When I sat down with Dennis a few days later at a coffee shop near his apartment in the Scott’s Addition neighborhood, he had a manila folder on the table. Inside it were printed W-2s, a letter from the SSA, and two pages of handwritten notes. He pushed the folder toward me without saying anything, the way someone does when they’ve been trying to explain something for months and have run out of words.
A High Income That Doesn’t Feel Like One
Dennis Dillard, 31, is a petroleum engineer. He has been working in the field since graduating from Virginia Tech in 2016 and currently earns approximately $92,000 a year — a salary that, on paper, should provide some financial cushion. In practice, his monthly budget leaves almost nothing behind.

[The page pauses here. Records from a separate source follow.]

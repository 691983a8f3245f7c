-- ===== src/Infra/Console/Server.antt =====
-- The listening socket and the console thread of infrastructure/src/console.cpp. What the socket
-- calls and the thread creation return are arguments; `open_fds` counts the listening sockets that
-- are open, and `created` the console threads that run. The threads of the sessions are detached, so
-- that the join of `console_stop` finds none.
use dts_framework.Common.{
  ℕ, suc, ◌-◌, Bool, true, false, Option, none, some, List, [], ◌∷◌, if◌then◌else◌, Text,
  add_member, ◌==◌, ◌≡◌, refl,
}

pub record Server : Type 0 where
  pub sock_path : Text
  pub listening : Bool
  pub console_h : Bool
  pub stop : Bool
  pub active_fds : List ℕ
  pub open_fds : ℕ
  pub created : ℕ

abbrev pub no_server : Server
no_server = record {
  sock_path = [];
  listening = false;
  console_h = false;
  stop = false;
  active_fds = [];
  open_fds = 0;
  created = 0;
}

pub record StartCalls : Type 0 where
  pub socket_ok : Bool
  pub bind_ok : Bool
  pub thread_ok : Bool

-- The end of `console_start`, once the socket listens.
unfoldable pub start_thread : Bool → Server → Bool × Server
start_thread true v =
    (true, record v { stop = false; listening = true; console_h = true; created = suc v.created })
start_thread false v = (
  false,
  record v { stop = false; listening = false; console_h = false; open_fds = v.open_fds - 1 },
)

-- `console_start`: false for the source's -1.
unfoldable pub console_start : StartCalls → Option Text → Server → Bool × Server
unfolding start_thread
console_start calls none v = (false, v)
console_start calls (some path) v =
    let named = record v { sock_path = path } in
    let opened = record named { open_fds = suc v.open_fds } in
    if calls.socket_ok
    then if calls.bind_ok
      then start_thread calls.thread_ok opened
      else (false, record opened { open_fds = opened.open_fds - 1 })
    else (false, named)

-- `console_stop`, with the sessions that it wakes up.
unfoldable pub console_stop : Server → List ℕ × Server
console_stop v = (
  v.active_fds,
  record v {
    stop = true;
    console_h = false;
    created = if v.console_h then v.created - 1 else v.created;
    listening = false;
    open_fds = if v.listening then v.open_fds - 1 else v.open_fds;
    sock_path = [];
  },
)

-- A round of `ConsoleLoop`: whether the poll found something, and what `accept` returned; `none`
-- where the loop ends.
unfoldable pub console_round : Bool → Option ℕ → Server → Option (Server × Option ℕ)
console_round polled conn v =
    if v.stop then none else if polled then some (v, conn) else some (v, none)

-- The beginning and the end of `SessionLoop`.
unfoldable pub enter_session : ℕ → Server → Server
enter_session fd v = record v { active_fds = add_member fd v.active_fds }

unfoldable pub without : ℕ → List ℕ → List ℕ
without fd [] = []
without fd (g ∷ gs) = let rest = without fd gs in if g == fd then rest else g ∷ rest

unfoldable pub leave_session : ℕ → Server → Server
unfolding without
leave_session fd v = record v { active_fds = without fd v.active_fds }

-- Nothing is open, and no thread runs.
abbrev pub IsIdle : Server → Type 0
IsIdle v = (v.open_fds ≡ 0) × (v.created ≡ 0) × (v.listening ≡ false) × (v.console_h ≡ false)

start_stop_with :
    (socket_ok bind_ok thread_ok : Bool) (path : Text)
    → let calls : StartCalls = record {
      socket_ok = socket_ok;
      bind_ok = bind_ok;
      thread_ok = thread_ok;
    } in
      IsIdle (console_stop (console_start calls (some path) no_server).1).1
unfolding console_stop console_start start_thread
start_stop_with false b t path = (refl, refl, refl, refl)
start_stop_with true false t path = (refl, refl, refl, refl)
start_stop_with true true false path = (refl, refl, refl, refl)
start_stop_with true true true path = (refl, refl, refl, refl)

-- After a start, whatever the calls returned, and a stop.
pub stop-IsIdle :
    (calls : StartCalls) (path : Text)
    → IsIdle (console_stop (console_start calls (some path) no_server).1).1
stop-IsIdle calls path = start_stop_with calls.socket_ok calls.bind_ok calls.thread_ok path
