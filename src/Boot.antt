-- ===== src/Boot.antt =====
-- bootstrap/src/run.cpp: the parts, the start and the callbacks of the process. What the libraries and
-- the system return is an `Env`; the entries of the threads are not started here, only the threads are
-- counted.
pub mod Paths
pub mod Commands
pub mod Budget
pub mod Run
pub mod Events
pub mod Start
pub mod Life
pub mod Signal
use dts_framework.Common.{
  ℕ, suc, ◌-◌, Bool, true, false, ◌&&◌, not, Option, none, some, List, [], ◌∷◌, ◌++◌, if◌then◌else◌,
  Text, codes, c_str,
}
use dts_framework.Infra.Session.{Endpoint, dts_endpoint}
use dts_framework.Infra.Ctl.{Registry, register_command}
use dts_framework.Infra.Ctl.Builtins.{register_builtins}
use dts_framework.Data.Region.{CacheHead}
use dts_framework.Data.Mem.{init_pools}
use dts_framework.Data.Registry.{init_extractors}
use dts_framework.Data.Factory.{World, set_report_sink}
use dts_framework.Infra.Thread.{MailMsg, send}
use dts_framework.Infra.Console.{Control, submit_dds, control_start}
use dts_framework.Infra.Console.Server.{Server, StartCalls, console_start}

-- The three workers; a subscription of the control channel has none.
pub data Target : Type 0 where
  task_worker data_worker log_worker : Target

pub record Subscription : Type 0 where
  pub ep : Endpoint
  pub thread : Option Target

-- The functions of the commands, of this file and of infrastructure/src/ctl.cpp.
pub data CommandFn : Type 0 where
  help get_threads set_log_level get_handlers get_data_stats set_data_budget : CommandFn

-- A route of a generated table: `sessionInst` and `msgId`.
abbrev pub Routes : Type 0
Routes = List (Text × ℕ)

pub record Env : Type 0 where
  pub mw_good : Bool
  pub pool : ℕ → ℕ → CacheHead × List ℕ
  pub domain_ok : Bool
  pub thread_ok : Target → Bool
  pub subscribe_ok : Endpoint → Bool
  pub console_calls : StartCalls
  pub control_ok : Bool
  pub task_routes : Routes
  pub data_routes : Routes
  pub log_routes : Routes
  pub control_routes : Routes

-- `stop` is `m_stop` of the context, `created` the threads that were made and not destroyed. Whether
-- `DtsMwSet` was last given a middleware is `mw_up` of the control part.
pub record Worker : Type 0 where
  pub h : Bool
  pub stop : Bool
  pub created : ℕ

pub record Process : Type 0 where
  pub stop : Bool
  pub comm : Bool
  pub task : Worker
  pub data_ctx : Worker
  pub log : Worker
  pub subs : List Subscription
  pub control : Control
  pub control_h : Bool
  pub server : Server
  pub log_up : Bool
  pub world : World
  pub builtins : Bool
  pub registry : Registry CommandFn

-- `OnRouteMsg`: the target and its message, `none` where the context is not valid.
unfoldable pub on_route_msg :
    Option Subscription → Option (List ℕ) → (Target → List MailMsg) → Option (Target × List MailMsg)
unfolding send
on_route_msg none payload boxes = none
on_route_msg (some sub) payload boxes = elim sub.thread [
  | none ↦ none
  | some w ↦ some (w, send (boxes w) sub.ep.msg_id payload (some (c_str sub.ep.session_inst)))
]

-- `OnRouteCtl`
unfoldable pub on_route_ctl : Option (List ℕ) → Control → Control
unfolding submit_dds
on_route_ctl payload m = (submit_dds m payload).1

unfoldable pub start_worker : Bool → Worker → Bool × Worker
start_worker true w = (true, record w { h = true; created = suc w.created })
start_worker false w = (false, record w { h = false })

unfoldable pub stop_worker : Worker → Worker
stop_worker w = if not w.h then w else record w { stop = true; created = w.created - 1 }

-- `RegisterSubRoutes` and, without a target, `RegisterCtlRoutes`
unfoldable pub register_routes :
    (Endpoint → Bool) → Option Target → Routes → List Subscription → List Subscription
register_routes subscribe thread [] subs = subs
register_routes subscribe thread ((inst, msg_id) ∷ routes) subs =
    let ep = dts_endpoint inst msg_id in
    register_routes subscribe thread routes
      (if subscribe ep then subs ++ record { ep = ep; thread = thread } ∷ [] else subs)

-- `Process::Start`
unfoldable pub start_workers : Env → Process → Bool × Process
unfolding start_worker
start_workers env p =
    let t = start_worker (env.thread_ok task_worker) p.task in
    let d = start_worker (env.thread_ok data_worker) p.data_ctx in
    let l = start_worker (env.thread_ok log_worker) p.log in
    (l.0 && (d.0 && (t.0 && env.domain_ok)), record p { task = t.1; data_ctx = d.1; log = l.1 })

-- `control_start` with the commands that it registers.
unfoldable pub start_control : Env → Process → Process
unfolding control_start register_routes register_builtins
start_control env p =
    let r = control_start p.control env.control_ok in
    let b = register_builtins help get_threads set_log_level p.builtins p.registry in
    let subs = register_routes env.subscribe_ok none env.control_routes p.subs in
    record p {
      control = r.1;
      control_h = r.0;
      subs = if r.0 then subs else p.subs;
      builtins = b.0;
      registry = b.1;
    }

-- The commands of this file; a taken name leaves the registry as it is.
unfoldable pub register_own : Registry CommandFn → Registry CommandFn
unfolding register_command
register_own r =
    let one =
      (register_command r (record {
        name = some (codes "get_handlers");
        usage = codes "get_handlers [task|data|log] 查看线程消息表（msgId→处理函数）";
        fn = some get_handlers;
      })).1 in
    let two =
      (register_command one (record {
        name = some (codes "get_data_stats");
        usage = codes "get_data_stats 查看 data 线程处理统计（帧耗时预算/丢弃计数）";
        fn = some get_data_stats;
      })).1 in
    (register_command two (record {
      name = some (codes "set_data_budget");
      usage = codes "set_data_budget <warn_us> <alarm_us> 调整 data 帧耗时预算阈值";
      fn = some set_data_budget;
    })).1

unfoldable pub start : Env → Text → Process → Bool × Process
unfolding start_workers register_routes start_control console_start register_own
start env console_sock p =
    let w = start_workers env p in
    let subs = register_routes env.subscribe_ok (some log_worker) env.log_routes (
      register_routes env.subscribe_ok (some data_worker) env.data_routes
        (register_routes env.subscribe_ok (some task_worker) env.task_routes p.subs)) in
    let server = (console_start env.console_calls (some console_sock) p.server).1 in
    let c = start_control env (record w.1 { subs = subs; server = server }) in
    (w.0, record c { registry = register_own c.registry })

-- Step 2.5 of `Run`: the memory, the extractors and the sink of the data thread.
unfoldable pub init_data : (ℕ → ℕ → CacheHead × List ℕ) → World → World
unfolding init_pools init_extractors set_report_sink
init_data pool w = record {
  factory = set_report_sink w.factory true;
  mem = init_pools pool w.mem;
  table = init_extractors w.table;
}
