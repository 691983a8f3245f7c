-- ===== src/Infra/MsgTable.antt =====
-- infrastructure/include/msg_table.h: message tables and business groups. A table is the list of
-- its entries, a C string the list of its characters before the terminator, a null pointer `none`.
-- A handler is a function on the state `S` of its thread.
pub mod Routes
use dts_framework.Common.{
  ℕ, Bool, true, false, ◌&&◌, not, Option, none, some, List, [], ◌∷◌, ◌==◌, if◌then◌else◌,
}

pub record MsgHandler (S : Type 0) : Type 0 where
  pub msg_id : ℕ
  pub fn : Option (Option (List ℕ) → S → S)
  pub name : List ℕ

-- `MsgTable::Find`
unfoldable pub find_handler : {S : Type 0} → List (MsgHandler S) → ℕ → Option (MsgHandler S)
find_handler [] msg_id = none
find_handler (h ∷ hs) msg_id =
    let rest = find_handler hs msg_id in if h.msg_id == msg_id then some h else rest

abbrev run_fn : {S : Type 0} → Option (Option (List ℕ) → S → S) → Option (List ℕ) → S → Bool × S
run_fn none payload s = (false, s)
run_fn (some fn) payload s = (true, fn payload s)

-- `MsgTable::Dispatch`, from the entry that was found on.
unfoldable pub run_found : {S : Type 0} → Option (MsgHandler S) → Option (List ℕ) → S → Bool × S
run_found none payload s = (false, s)
run_found (some h) payload s = run_fn h.fn payload s

unfoldable pub dispatch : {S : Type 0} → List (MsgHandler S) → ℕ → Option (List ℕ) → S → Bool × S
unfolding run_found
dispatch hs msg_id payload s = run_found (find_handler hs msg_id) payload s

pub record SessionMsgTable (S : Type 0) : Type 0 where
  pub session_type : Option (List ℕ)
  pub session_inst : Option (List ℕ)
  pub entries : Option (List (MsgHandler S))

-- The loop of `CStrEq`.
unfoldable pub chars_eq : List ℕ → List ℕ → Bool
chars_eq [] [] = true
chars_eq [] (d ∷ ds) = false
chars_eq (c ∷ cs) [] = false
chars_eq (c ∷ cs) (d ∷ ds) = let rest = chars_eq cs ds in if c == d then rest else false

-- Equal pointers have equal characters, or are both null.
unfoldable pub c_str_eq : Option (List ℕ) → Option (List ℕ) → Bool
c_str_eq none none = true
c_str_eq none (some b) = false
c_str_eq (some a) none = false
c_str_eq (some a) (some b) = chars_eq a b

-- The inner loop of `MsgIdsUnique`.
unfoldable pub id_absent : {S : Type 0} → ℕ → List (MsgHandler S) → Bool
id_absent msg_id [] = true
id_absent msg_id (h ∷ hs) = not (msg_id == h.msg_id) && id_absent msg_id hs

unfoldable pub msg_ids_unique : {S : Type 0} → List (MsgHandler S) → Bool
msg_ids_unique [] = true
msg_ids_unique (h ∷ hs) = id_absent h.msg_id hs && msg_ids_unique hs

abbrev pub is_set {ℓ} : {A : Type ℓ} → Option A → Bool
is_set none = false
is_set (some a) = true

-- The inner loop of `SessionGroupsValid`.
unfoldable pub inst_absent : {S : Type 0} → Option (List ℕ) → List (SessionMsgTable S) → Bool
inst_absent inst [] = true
inst_absent inst (g ∷ gs) = not (c_str_eq inst g.session_inst) && inst_absent inst gs

-- Its outer loop, where `first` is the type of the first group.
unfoldable pub groups_valid_from : {S : Type 0} → Option (List ℕ) → List (SessionMsgTable S) → Bool
groups_valid_from first [] = true
groups_valid_from first (g ∷ gs) =
    (is_set g.session_type && (is_set g.session_inst && is_set g.entries))
    && (c_str_eq first g.session_type
        && (inst_absent g.session_inst gs && groups_valid_from first gs))

unfoldable pub session_groups_valid : {S : Type 0} → List (SessionMsgTable S) → Bool
session_groups_valid [] = false
session_groups_valid (g ∷ gs) = groups_valid_from g.session_type (g ∷ gs)

-- The loop of `FindSessionTable`, for an instance that is not null.
unfoldable pub find_session_loop :
    {S : Type 0} → List (SessionMsgTable S) → List ℕ → Option (SessionMsgTable S)
find_session_loop [] inst = none
find_session_loop (g ∷ gs) inst =
    let rest = find_session_loop gs inst in
    if is_set g.session_inst && c_str_eq g.session_inst (some inst) then some g else rest

unfoldable pub find_session_table :
    {S : Type 0} → List (SessionMsgTable S) → Option (List ℕ) → Option (SessionMsgTable S)
find_session_table gs none = none
find_session_table gs (some inst) = find_session_loop gs inst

He has a four-year-old daughter. Her mother has not been financially involved since the child was two, and Dennis told me he does not expect that to change. Childcare alone costs him roughly $1,400 a month. He also sends between $400 and $600 every month to his mother and younger sister, who live in Roanoke and have faced sustained financial difficulty since his father passed in 2021.
His employer offers a 401(k) with a partial match. Dennis has never enrolled. “I kept meaning to,” he told me. “Every year I’d say, this is the year. And then something would come up.” He said it without self-pity — just the flat recognition of someone who has watched small decisions compound into a larger problem.
The identity theft started in late 2022. Someone used Dennis’s Social Security number to open four credit cards and a personal loan — approximately $22,000 in fraudulent debt — before he noticed the first irregularity on a bank statement in February 2023. By the time he filed reports with the FTC’s IdentityTheft.gov and the three major credit bureaus, the damage was extensive. His credit score, which had been in the mid-700s, dropped to 541.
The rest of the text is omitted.